One general guideline is to monitor landfill liquid levels. Regulations require no more than 12 inches of liquid at the bottom of the site. An exceedance will reduce the slope stability significantly. But there are plenty more strategies to stay ahead of the curve and prevent major issues.
Three primary types of slope failures
The primary failures are circular, block-type or wedge, and veneer. Veneer failure is confined to the final geomembrane cover system; it’s minor and fixable, says James Law of SCS Engineers, an expert in geotechnical engineering.
Circular failures occur in the waste mass and affect the entire slope. In most cases, they are relatively minor, remaining near the mound’s surface. Less commonly, circular failures occur deep in the mass, which are major events.
“In either scenario, circular failures occur when the waste mass is uncompacted. It’s less dense and therefore weaker and susceptible to failure,” Law explains.
Block failure can be complex. It begins at the crest and descends to the bottom liner system, where the failure ultimately occurs. How it happens is there are multiple interfaces of soil and geosynthetic material that each contribute to a weakening zone of material at the bottom. That’s when a failure occurs, and it is serious.
Law advises operators to use a vetted engineering analysis to avoid block failure. “This analysis enables us to define the sheer strength of the interfaces at the bottom of the landfill to ensure sufficient resistance against failures and select soil or geosynthetic layers to accomplish this properly,” he says.
Early signs of failure and next course
Early signs of a failure of any type are tension cracks near the crest of the slope that runs parallel to the structure’s crestline. Especially lookout for an accelerated cracking pace, advises Bob Dick of SCS Engineers.
There may also be a barging or raising of the ground near the lower part of the slope or at the toe, indicating that the slope has moved.
Don’t simply fill in the tension cracks and walk away, Dick and Law advise.
“The chance is that they will reappear, especially during wet seasons. And each time they emerge, they will get worse. Eventually, the whole slope will collapse without proper attention,” Law says.
Once warning signs emerge, the best course of action is to bring in a geotechnical expert with landfill design expertise to analyze and set up instrumentation to monitor movement closely. That expert analysis will determine whether the slope failure is within the waste at the surface or the bottom of the landfill.
If it’s shallow within the waste, operators can be confident the integrity of the liner and collection system is not compromised. They can then turn their attention to addressing the material moving down the hill. But a failure deeper in the mass calls for immediate action to deal with complex, interacting systems at the bottom of the landfill.
Measuring slope movement
Settlement monuments and inclinometers— determine if the slope is moving, the location, and the direction of that movement. The settlement monument is a concrete block that gauges vertical and lateral movement at the surface, determining if and to what degree the surface dropped. The inclinometer is a PVC pipe installed below ground in the waste mass to measure the lateral movement of the entire slope.

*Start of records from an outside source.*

-- ===== src/Notify/Retry/Withdrawal.antt =====
-- Why a dead letter leaves the table, and what else the sweep can do to it.
use transaction_monitoring_s.Prelude.{
  ℕ, ◌+◌, ◌≡◌, ◌≢◌, refl, ◌⊎◌, inl, inr, String, false, Option, none, some, List, [], ◌∷◌, arith,
  leb, Bool-cases,
}
use transaction_monitoring_s.Notify.DeadLetter.{Failed, find}
use transaction_monitoring_s.Notify.DeadLetter.Budget.{count_failed_attempt_lem}
use transaction_monitoring_s.Notify.Triggers.{Dispatch, resolve_dispatch, selected_channels}
use transaction_monitoring_s.Notify.Delivery.{
  Store, Alert, Status, failed, sent, duplicate, deliver_with_dedup, dead_letter, record_claims,
}
use transaction_monitoring_s.Notify.Delivery
use transaction_monitoring_s.Notify.Retry.{
  Env, Sweep, alert_of, counted, rescue, count, settle_row, retry_routed, retry_payload, retry_row,
}

-- The sweep files no second dead letter.
deliver-kept :
    (env : Delivery.Env) (w : ℕ) (a : Alert) (s : Store)
    → (deliver_with_dedup env w a false s).0.failed ≡ s.failed
unfolding deliver_with_dedup dead_letter record_claims
deliver-kept env w a s = ground arith

-- The row is there still: as it was, or with one more attempt, abandoned if that was the last.
abbrev pub IsKept : Sweep → Failed → Store → Type 0
IsKept sweep row s =
    (g : Failed) × (find row.key s.failed ≡ some g)
    × ((g ≡ row)
        ⊎ ((g.attempts ≡ row.attempts + 1)
            × (g.abandoned ≡ leb sweep.max_attempts (row.attempts + 1))))

-- The alert is routed nowhere, or was delivered or claimed.
abbrev pub IsSettled : Sweep → Env → Failed → Store → Type 0
IsSettled sweep env row s =
    (cls : String) × (sweep.attack_class_of row.payload ≡ some cls)
    × ((selected_channels sweep.config row.band cls ≡ [])
        ⊎ ((deliver_with_dedup env.delivery sweep.window_minutes
              (alert_of row (resolve_dispatch sweep.config row.band cls)) false s).1
            ≢ failed))

module _ (sweep : Sweep) (env : Env) (row : Failed) where
  counted-IsKept :
      (s : Store) → find row.key s.failed ≡ some row → IsKept sweep row (counted sweep env row s)
  unfolding counted
  counted-IsKept s h =
      let (g, e, attempts, abandoned, late) =
        count_failed_attempt_lem sweep.max_attempts 1 env.counted_at env.counted_at row s.failed h
          (omega arith) in
      (g, e, inr (attempts, abandoned))

  rescue-IsKept :
      (s : Store) → find row.key s.failed ≡ some row → IsKept sweep row (rescue sweep env row s)
  unfolding rescue
  rescue-IsKept s h = elim (Bool-cases env.recount_raises) [
    | inl e ↦ simp e (row, h, inl refl)
    | inr e ↦ simp e (counted-IsKept s h)
  ]

  count-IsKept :
      (s : Store) → find row.key s.failed ≡ some row → IsKept sweep row (count sweep env row s)
  unfolding count
  count-IsKept s h = elim (Bool-cases env.count_raises) [
    | inl e ↦ simp e (rescue-IsKept s h)
    | inr e ↦ simp e (counted-IsKept s h)
  ]

  settle_row-IsKept :
      (p : Store × Status)
      → find row.key p.0.failed ≡ some row
      → IsKept sweep row (settle_row sweep env row p) ⊎ (p.1 ≢ failed)
  unfolding settle_row
  settle_row-IsKept (s, failed) h = inl (count-IsKept s h)
  settle_row-IsKept (s, sent) h = inr (λ e. cc)
  settle_row-IsKept (s, duplicate) h = inr (λ e. cc)

  retry_routed-IsKept :
      (ds : List Dispatch) (ns : List String) (s : Store)
      → find row.key s.failed ≡ some row
      → IsKept sweep row (retry_routed sweep env row ds ns s)
        ⊎ ((ns ≡ [])
            ⊎ ((deliver_with_dedup env.delivery sweep.window_minutes (alert_of row ds) false s).1
                ≢ failed))
  unfolding retry_routed
  retry_routed-IsKept [] [] s h = inr (inl refl)
  retry_routed-IsKept [] (n ∷ ns) s h = inl (count-IsKept s h)
  retry_routed-IsKept (d ∷ ds) ns s h =
      let p =
        deliver_with_dedup env.delivery sweep.window_minutes (alert_of row (d ∷ ds)) false s in
      elim (settle_row-IsKept p
        (rw (deliver-kept env.delivery sweep.window_minutes (alert_of row (d ∷ ds)) s) h)) [
          | inl k ↦ inl k
          | inr f ↦ inr (inr f)
        ]

  retry_payload-IsKept :
      (o : Option String) (s : Store)
      → sweep.attack_class_of row.payload ≡ o
      → find row.key s.failed ≡ some row
      → IsKept sweep row (retry_payload sweep env row o s) ⊎ IsSettled sweep env row s
  unfolding retry_payload
  retry_payload-IsKept none s e h = inl (rescue-IsKept s h)
  retry_payload-IsKept (some cls) s e h =
      elim (retry_routed-IsKept (resolve_dispatch sweep.config row.band cls)
        (selected_channels sweep.config row.band cls) s h) [
          | inl k ↦ inl k
          | inr f ↦ inr (cls, e, f)
        ]

  -- Whatever fails while the sweep processes a dead letter: the letter is still there afterwards,
  -- unchanged or with one attempt more and abandoned exactly if the attempts are used up; or its
  -- payload validates, and the config selects no channel for the alert or the second delivery did
  -- not fail.
  pub retry_row-IsKept :
      (s : Store)
      → find row.key s.failed ≡ some row
      → IsKept sweep row (retry_row sweep env row s) ⊎ IsSettled sweep env row s
  unfolding retry_row
  retry_row-IsKept s h = retry_payload-IsKept (sweep.attack_class_of row.payload) s refl h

Operators can also use a measuring instrument to gauge liquid above the liner, typically through a leachate collection clean-out pipe.
“If it is slowing, it may stop, but normally, nothing can stop it once it starts. We need to measure systematically to know if it’s accelerating; you have to get off the slope if it is. It’s not safe anymore. But these instruments could help save lives or equipment if they detect early signs of failure,” Law says.
Best practices to stay ahead of the curve
If the movement is very slow or stopped, landfill engineers can improve its stability by flattening or removing the upper portion of the slope. Removing this impervious surface increases safety by decreasing the weight of soil and waste pushing downward.
Another important proactive practice is installing a sump with a pump system to remove liquid and ensure it is low.
Leachate seeps are another ongoing challenge that relates to slope conditions. These breakouts happen when saturated waste becomes impermeable. Unable to penetrate, leachate can’t travel its intended route: straight down through the waste mass to the bottom of the landfill. With nowhere else to go, it runs horizontally and comes out the surface of the side slopes.
Uncontrolled seeps can be a big problem. They are a source of odors, can cause erosion, and the leachate can contaminate groundwater if it infiltrates stormwater.
Leachate can also seep below the final cover, causing a different set of problems: a pool of leachate at the toe of the slope that continues to grow. And slope instability due to excess moisture under the final cover geomembrane at the toe of the slope.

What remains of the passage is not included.